Requirement:
Report the number of lines below in which the word "stored" occurs. Nothing else is needed.
*** Information shown Section Begins ***
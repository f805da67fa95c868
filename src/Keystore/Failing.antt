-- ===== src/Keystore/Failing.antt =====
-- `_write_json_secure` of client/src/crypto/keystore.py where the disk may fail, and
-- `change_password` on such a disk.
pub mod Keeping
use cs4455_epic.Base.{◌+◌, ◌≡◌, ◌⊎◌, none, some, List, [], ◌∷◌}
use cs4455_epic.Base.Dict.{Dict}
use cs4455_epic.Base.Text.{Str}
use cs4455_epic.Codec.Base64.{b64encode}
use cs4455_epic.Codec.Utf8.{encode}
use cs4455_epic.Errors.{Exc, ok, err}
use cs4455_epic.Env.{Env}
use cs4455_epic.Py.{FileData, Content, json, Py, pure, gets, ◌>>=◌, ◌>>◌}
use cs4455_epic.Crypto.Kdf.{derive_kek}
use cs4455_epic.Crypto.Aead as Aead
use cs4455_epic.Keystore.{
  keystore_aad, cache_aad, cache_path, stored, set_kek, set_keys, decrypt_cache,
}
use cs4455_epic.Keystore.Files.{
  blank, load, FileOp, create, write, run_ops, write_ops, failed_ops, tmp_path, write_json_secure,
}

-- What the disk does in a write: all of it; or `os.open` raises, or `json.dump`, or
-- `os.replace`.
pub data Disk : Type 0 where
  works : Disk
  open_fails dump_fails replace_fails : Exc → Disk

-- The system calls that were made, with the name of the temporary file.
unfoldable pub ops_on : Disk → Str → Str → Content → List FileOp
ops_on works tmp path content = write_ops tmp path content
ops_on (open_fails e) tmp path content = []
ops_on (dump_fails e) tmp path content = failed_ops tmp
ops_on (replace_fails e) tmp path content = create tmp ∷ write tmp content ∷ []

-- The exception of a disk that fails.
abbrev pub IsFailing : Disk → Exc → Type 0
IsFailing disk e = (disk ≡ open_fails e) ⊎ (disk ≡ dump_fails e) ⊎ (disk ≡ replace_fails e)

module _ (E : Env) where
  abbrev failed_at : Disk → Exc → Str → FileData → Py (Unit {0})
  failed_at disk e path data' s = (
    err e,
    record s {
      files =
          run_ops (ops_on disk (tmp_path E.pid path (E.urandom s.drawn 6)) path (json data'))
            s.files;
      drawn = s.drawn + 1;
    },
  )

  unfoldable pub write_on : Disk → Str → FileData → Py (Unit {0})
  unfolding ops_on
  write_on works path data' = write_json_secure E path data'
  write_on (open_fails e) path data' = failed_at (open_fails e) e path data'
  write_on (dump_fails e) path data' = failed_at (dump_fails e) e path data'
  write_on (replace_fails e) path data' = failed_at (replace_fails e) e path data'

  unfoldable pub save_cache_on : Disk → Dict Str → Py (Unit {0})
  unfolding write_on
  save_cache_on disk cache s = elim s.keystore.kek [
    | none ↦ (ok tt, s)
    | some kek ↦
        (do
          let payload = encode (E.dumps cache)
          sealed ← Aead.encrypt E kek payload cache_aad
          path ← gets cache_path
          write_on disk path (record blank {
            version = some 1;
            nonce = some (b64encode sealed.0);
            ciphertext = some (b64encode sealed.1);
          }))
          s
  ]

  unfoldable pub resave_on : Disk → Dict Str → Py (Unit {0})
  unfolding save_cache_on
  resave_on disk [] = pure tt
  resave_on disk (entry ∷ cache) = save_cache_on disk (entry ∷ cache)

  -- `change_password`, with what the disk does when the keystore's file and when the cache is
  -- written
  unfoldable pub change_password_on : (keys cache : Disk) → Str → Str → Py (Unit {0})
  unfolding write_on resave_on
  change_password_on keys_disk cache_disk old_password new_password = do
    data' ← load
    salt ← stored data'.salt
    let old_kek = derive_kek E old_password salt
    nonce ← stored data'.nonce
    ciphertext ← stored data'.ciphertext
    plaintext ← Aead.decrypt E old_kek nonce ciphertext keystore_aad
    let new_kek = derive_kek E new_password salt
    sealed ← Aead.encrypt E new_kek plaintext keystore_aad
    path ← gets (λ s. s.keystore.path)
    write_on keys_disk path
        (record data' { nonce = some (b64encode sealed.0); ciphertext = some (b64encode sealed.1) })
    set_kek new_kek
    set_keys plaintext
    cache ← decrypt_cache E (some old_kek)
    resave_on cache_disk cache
*** Information shown Section Ends ***
Response area:
4